# TASK INSTRUCTIONS
Lift out each line of the data that holds "stream".

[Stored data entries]
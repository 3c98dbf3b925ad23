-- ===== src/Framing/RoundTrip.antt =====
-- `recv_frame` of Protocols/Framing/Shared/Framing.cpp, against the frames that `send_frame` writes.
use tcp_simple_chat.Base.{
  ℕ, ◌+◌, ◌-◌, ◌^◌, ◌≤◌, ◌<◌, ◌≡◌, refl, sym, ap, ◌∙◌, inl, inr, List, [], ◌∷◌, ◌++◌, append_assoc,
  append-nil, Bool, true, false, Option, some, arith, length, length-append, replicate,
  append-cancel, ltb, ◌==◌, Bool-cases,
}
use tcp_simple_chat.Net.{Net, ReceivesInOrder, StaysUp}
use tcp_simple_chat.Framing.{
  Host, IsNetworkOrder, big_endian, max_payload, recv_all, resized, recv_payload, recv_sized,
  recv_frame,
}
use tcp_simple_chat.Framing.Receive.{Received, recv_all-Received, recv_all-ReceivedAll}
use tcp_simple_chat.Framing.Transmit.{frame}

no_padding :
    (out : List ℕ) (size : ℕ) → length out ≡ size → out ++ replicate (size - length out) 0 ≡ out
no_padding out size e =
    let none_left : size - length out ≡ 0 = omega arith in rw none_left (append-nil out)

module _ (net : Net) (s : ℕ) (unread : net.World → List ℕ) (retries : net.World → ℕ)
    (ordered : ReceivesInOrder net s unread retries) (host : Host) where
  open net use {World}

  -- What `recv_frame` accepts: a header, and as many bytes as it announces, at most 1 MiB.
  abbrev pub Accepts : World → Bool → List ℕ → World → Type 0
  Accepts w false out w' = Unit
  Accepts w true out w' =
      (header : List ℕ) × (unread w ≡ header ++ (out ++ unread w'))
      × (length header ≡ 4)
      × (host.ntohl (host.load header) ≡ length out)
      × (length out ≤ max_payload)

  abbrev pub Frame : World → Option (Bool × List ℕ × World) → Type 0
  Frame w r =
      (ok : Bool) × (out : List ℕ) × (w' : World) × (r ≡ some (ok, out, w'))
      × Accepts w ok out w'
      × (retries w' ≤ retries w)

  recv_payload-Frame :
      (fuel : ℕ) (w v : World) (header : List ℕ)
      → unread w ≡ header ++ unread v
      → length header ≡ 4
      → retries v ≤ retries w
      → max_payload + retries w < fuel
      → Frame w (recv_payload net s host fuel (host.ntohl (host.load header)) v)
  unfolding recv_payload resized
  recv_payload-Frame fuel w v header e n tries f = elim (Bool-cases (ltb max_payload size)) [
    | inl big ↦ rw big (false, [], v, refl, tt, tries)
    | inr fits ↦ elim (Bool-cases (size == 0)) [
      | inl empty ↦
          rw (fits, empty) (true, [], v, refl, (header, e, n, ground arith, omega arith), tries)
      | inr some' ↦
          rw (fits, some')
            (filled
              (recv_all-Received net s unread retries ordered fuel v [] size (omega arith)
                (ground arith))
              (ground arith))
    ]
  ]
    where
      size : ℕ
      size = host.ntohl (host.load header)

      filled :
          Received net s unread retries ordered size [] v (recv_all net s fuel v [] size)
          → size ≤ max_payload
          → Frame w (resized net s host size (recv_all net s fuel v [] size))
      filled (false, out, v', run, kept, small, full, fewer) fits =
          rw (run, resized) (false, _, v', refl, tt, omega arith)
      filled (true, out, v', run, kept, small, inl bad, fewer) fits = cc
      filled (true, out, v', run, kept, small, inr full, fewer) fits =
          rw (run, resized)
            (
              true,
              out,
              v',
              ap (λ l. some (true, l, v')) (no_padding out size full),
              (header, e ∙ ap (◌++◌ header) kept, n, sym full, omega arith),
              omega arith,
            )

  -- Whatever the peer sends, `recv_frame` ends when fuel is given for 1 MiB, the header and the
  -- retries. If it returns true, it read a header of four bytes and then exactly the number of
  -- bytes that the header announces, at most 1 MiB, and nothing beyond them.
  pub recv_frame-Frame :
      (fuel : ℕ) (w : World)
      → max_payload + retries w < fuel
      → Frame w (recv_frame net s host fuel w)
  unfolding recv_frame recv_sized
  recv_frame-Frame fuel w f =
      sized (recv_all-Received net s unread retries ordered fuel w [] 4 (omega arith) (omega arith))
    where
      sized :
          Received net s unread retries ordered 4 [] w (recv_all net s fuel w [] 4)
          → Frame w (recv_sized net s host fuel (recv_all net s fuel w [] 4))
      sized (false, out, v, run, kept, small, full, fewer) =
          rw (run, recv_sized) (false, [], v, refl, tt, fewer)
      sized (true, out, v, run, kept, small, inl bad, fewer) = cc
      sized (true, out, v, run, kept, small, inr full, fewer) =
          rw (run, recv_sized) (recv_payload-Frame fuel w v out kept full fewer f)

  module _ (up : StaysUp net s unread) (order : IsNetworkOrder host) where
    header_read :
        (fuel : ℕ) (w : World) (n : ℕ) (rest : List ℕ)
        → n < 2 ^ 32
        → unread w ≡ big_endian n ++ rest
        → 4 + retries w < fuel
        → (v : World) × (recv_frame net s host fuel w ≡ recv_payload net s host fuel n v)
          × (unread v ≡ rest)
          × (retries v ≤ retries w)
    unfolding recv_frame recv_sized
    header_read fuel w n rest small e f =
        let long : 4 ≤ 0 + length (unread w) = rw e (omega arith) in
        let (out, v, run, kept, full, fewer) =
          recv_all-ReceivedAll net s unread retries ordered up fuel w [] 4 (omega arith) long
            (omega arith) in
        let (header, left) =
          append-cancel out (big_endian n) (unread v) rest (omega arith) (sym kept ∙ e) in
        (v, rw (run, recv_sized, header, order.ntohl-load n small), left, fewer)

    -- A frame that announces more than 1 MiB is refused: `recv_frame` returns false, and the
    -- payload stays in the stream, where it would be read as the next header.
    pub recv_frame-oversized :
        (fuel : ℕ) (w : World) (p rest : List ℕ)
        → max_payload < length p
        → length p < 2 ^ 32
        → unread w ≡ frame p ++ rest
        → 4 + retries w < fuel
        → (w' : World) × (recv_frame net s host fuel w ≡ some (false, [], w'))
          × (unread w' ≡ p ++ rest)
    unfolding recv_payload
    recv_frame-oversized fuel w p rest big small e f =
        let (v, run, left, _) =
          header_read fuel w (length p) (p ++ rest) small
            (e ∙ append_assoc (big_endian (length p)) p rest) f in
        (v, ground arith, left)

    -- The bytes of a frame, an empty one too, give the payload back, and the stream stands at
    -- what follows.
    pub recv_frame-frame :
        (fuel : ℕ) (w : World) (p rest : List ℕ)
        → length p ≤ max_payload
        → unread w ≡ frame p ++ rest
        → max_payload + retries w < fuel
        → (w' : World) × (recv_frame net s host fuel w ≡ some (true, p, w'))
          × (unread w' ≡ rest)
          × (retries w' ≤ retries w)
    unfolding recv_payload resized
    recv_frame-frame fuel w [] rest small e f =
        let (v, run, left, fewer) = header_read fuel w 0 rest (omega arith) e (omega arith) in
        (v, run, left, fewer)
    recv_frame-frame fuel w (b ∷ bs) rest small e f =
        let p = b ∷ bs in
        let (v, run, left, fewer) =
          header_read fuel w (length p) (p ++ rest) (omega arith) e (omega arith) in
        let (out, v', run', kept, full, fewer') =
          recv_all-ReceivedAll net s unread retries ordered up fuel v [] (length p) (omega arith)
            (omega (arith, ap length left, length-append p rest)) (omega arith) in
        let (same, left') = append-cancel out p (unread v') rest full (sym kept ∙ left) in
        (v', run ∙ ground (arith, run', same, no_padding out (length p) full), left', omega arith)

--

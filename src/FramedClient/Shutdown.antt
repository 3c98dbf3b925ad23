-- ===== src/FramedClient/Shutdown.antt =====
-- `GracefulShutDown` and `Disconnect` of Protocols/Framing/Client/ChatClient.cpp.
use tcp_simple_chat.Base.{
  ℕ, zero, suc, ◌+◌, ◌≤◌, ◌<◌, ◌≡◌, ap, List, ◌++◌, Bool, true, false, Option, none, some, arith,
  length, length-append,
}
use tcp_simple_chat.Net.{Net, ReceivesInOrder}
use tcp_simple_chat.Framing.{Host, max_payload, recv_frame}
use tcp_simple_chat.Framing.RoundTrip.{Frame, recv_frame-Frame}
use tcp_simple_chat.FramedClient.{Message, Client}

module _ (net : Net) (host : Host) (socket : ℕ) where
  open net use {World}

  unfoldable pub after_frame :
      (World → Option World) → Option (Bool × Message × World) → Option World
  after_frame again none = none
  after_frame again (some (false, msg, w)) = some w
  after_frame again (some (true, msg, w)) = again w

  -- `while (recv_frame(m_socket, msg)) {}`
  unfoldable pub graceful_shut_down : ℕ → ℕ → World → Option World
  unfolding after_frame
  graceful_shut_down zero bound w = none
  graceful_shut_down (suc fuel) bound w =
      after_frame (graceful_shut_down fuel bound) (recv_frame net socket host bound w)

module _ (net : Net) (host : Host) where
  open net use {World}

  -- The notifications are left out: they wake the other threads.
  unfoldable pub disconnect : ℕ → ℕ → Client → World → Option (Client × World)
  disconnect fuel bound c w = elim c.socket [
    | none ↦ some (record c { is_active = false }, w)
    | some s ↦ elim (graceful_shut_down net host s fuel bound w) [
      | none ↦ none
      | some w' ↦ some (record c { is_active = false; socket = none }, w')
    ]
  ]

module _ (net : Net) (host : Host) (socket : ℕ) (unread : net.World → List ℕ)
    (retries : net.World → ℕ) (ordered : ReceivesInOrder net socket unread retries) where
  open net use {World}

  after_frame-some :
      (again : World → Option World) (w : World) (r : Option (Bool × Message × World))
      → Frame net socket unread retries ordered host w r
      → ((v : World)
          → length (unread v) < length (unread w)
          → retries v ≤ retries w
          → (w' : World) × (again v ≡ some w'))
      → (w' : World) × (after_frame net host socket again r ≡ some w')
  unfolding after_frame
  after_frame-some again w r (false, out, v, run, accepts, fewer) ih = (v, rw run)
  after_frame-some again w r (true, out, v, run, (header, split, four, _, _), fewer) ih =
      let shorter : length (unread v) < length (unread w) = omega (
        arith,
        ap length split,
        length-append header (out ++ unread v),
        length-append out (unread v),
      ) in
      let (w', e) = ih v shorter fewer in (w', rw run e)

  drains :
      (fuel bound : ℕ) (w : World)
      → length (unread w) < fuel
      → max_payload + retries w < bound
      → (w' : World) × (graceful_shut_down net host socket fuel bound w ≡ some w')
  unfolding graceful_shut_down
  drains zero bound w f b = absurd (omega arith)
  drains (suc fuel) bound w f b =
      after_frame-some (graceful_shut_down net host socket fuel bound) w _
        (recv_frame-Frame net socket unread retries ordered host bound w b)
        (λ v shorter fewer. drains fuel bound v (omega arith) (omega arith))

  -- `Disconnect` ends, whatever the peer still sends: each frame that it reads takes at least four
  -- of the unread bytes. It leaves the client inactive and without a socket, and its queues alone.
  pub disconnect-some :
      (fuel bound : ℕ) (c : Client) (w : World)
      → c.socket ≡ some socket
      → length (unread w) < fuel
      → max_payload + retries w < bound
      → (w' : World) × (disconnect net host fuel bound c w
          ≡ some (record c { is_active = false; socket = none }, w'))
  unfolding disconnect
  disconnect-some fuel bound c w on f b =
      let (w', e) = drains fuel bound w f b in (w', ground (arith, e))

...

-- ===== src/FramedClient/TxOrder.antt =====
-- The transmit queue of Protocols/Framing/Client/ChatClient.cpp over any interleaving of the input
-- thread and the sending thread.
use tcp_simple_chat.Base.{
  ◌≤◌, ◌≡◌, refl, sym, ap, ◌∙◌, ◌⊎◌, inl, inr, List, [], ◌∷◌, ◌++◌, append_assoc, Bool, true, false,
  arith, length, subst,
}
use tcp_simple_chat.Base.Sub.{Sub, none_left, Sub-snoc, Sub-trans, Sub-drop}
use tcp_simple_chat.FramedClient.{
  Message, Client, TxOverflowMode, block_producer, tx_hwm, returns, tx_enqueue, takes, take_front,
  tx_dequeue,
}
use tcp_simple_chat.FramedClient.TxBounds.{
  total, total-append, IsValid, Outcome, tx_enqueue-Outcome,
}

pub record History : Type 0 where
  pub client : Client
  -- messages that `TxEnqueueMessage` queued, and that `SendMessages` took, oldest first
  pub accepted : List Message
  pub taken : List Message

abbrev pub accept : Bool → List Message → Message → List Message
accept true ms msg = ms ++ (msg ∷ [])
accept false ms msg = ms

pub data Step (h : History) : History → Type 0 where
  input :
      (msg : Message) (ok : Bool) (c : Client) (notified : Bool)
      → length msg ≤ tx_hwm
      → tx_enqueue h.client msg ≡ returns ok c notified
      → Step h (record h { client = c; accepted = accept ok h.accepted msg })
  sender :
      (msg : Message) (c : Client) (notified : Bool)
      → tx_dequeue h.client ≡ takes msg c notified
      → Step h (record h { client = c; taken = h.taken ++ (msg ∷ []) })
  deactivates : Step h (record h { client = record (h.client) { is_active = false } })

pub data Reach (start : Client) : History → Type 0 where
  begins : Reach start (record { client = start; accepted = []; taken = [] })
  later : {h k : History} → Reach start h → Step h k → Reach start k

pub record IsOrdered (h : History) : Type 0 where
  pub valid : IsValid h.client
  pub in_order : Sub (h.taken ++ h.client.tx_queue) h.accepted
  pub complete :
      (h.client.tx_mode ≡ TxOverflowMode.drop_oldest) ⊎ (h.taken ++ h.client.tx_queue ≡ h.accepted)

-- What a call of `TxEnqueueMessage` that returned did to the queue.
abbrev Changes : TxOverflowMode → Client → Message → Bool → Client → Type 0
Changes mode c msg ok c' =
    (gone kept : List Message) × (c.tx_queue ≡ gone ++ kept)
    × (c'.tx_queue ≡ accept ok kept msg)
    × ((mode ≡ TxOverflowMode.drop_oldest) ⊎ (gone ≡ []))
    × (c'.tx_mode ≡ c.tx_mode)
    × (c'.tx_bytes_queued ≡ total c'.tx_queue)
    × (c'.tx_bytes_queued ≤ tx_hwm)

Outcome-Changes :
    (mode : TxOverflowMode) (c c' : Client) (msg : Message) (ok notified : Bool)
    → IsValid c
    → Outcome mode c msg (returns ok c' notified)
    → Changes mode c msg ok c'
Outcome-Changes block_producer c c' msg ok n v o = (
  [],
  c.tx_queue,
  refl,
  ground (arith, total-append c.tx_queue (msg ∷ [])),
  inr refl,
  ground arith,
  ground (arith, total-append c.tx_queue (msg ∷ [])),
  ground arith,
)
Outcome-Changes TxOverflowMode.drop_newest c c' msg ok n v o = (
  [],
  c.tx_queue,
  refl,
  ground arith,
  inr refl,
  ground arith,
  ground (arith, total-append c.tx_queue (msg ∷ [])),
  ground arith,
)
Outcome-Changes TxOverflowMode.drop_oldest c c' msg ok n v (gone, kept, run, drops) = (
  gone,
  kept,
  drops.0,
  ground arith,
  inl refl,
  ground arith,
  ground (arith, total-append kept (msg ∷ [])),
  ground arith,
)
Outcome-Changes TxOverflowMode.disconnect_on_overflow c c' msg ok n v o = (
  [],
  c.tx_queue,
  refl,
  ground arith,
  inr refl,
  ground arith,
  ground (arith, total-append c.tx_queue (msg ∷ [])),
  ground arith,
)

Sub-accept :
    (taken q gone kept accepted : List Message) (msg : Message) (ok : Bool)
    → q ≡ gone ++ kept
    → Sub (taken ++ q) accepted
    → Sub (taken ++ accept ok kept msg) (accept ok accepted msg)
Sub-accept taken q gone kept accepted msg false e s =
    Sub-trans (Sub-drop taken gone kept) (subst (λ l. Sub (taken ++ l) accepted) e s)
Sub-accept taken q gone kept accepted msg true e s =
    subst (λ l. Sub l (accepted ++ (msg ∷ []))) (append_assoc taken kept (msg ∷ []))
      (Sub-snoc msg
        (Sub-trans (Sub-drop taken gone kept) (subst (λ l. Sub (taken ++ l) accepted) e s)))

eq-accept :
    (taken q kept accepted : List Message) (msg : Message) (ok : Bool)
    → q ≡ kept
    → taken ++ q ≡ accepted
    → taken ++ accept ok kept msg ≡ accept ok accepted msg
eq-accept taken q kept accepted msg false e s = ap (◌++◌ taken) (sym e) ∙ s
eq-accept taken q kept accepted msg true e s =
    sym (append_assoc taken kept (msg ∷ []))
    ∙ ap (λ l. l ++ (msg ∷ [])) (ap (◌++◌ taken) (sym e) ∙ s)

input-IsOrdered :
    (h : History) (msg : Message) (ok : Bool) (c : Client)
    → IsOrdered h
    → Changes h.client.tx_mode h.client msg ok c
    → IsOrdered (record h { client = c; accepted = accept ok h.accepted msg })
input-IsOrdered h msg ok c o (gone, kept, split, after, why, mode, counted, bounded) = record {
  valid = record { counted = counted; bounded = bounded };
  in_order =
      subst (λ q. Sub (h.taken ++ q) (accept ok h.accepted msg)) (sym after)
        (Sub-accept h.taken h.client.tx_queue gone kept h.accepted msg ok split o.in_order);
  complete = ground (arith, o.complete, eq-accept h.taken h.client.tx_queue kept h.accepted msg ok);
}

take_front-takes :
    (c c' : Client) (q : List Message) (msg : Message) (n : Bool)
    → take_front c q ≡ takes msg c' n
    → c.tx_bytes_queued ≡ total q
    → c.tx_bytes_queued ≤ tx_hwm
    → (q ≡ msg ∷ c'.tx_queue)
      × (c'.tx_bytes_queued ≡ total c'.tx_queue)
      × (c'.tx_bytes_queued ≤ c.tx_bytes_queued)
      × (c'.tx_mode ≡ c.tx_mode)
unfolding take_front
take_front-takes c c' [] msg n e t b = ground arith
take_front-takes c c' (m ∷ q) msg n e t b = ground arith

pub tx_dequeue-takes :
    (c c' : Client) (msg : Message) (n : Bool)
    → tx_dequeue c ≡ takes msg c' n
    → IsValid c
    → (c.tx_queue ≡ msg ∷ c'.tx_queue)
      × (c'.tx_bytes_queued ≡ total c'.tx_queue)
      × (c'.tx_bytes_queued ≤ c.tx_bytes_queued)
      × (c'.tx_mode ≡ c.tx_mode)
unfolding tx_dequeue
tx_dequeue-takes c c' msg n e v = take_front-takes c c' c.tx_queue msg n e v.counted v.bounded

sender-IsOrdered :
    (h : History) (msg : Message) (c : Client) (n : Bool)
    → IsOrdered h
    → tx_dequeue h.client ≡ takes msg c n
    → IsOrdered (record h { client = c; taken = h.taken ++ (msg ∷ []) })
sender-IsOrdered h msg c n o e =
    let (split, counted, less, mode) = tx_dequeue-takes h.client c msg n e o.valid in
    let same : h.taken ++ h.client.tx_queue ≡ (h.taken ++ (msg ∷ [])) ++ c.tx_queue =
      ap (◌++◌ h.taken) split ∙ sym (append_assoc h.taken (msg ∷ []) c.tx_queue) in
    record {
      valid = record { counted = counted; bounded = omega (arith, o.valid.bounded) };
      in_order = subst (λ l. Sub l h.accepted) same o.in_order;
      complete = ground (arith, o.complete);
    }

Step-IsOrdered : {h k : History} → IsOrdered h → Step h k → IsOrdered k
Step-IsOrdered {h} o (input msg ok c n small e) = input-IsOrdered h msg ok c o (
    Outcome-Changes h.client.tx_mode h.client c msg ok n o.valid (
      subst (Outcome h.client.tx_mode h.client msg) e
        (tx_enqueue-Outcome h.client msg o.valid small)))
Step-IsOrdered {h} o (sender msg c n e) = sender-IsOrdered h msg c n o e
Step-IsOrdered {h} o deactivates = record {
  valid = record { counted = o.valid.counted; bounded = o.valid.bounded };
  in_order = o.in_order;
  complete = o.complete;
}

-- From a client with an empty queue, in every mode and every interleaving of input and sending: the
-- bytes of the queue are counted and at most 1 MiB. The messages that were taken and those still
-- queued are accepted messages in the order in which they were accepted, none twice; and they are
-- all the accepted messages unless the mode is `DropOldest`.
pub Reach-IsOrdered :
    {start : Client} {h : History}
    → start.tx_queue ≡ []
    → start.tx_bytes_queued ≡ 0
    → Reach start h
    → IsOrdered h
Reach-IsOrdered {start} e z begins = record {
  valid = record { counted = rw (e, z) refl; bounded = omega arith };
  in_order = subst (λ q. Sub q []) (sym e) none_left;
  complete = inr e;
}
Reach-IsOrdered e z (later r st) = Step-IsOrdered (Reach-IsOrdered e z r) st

# SOLUTION TO THIS EXERCISE
    -- payload stays in the stream, where it would be read as the next header.
    -- The bytes of a frame, an empty one too, give the payload back, and the stream stands at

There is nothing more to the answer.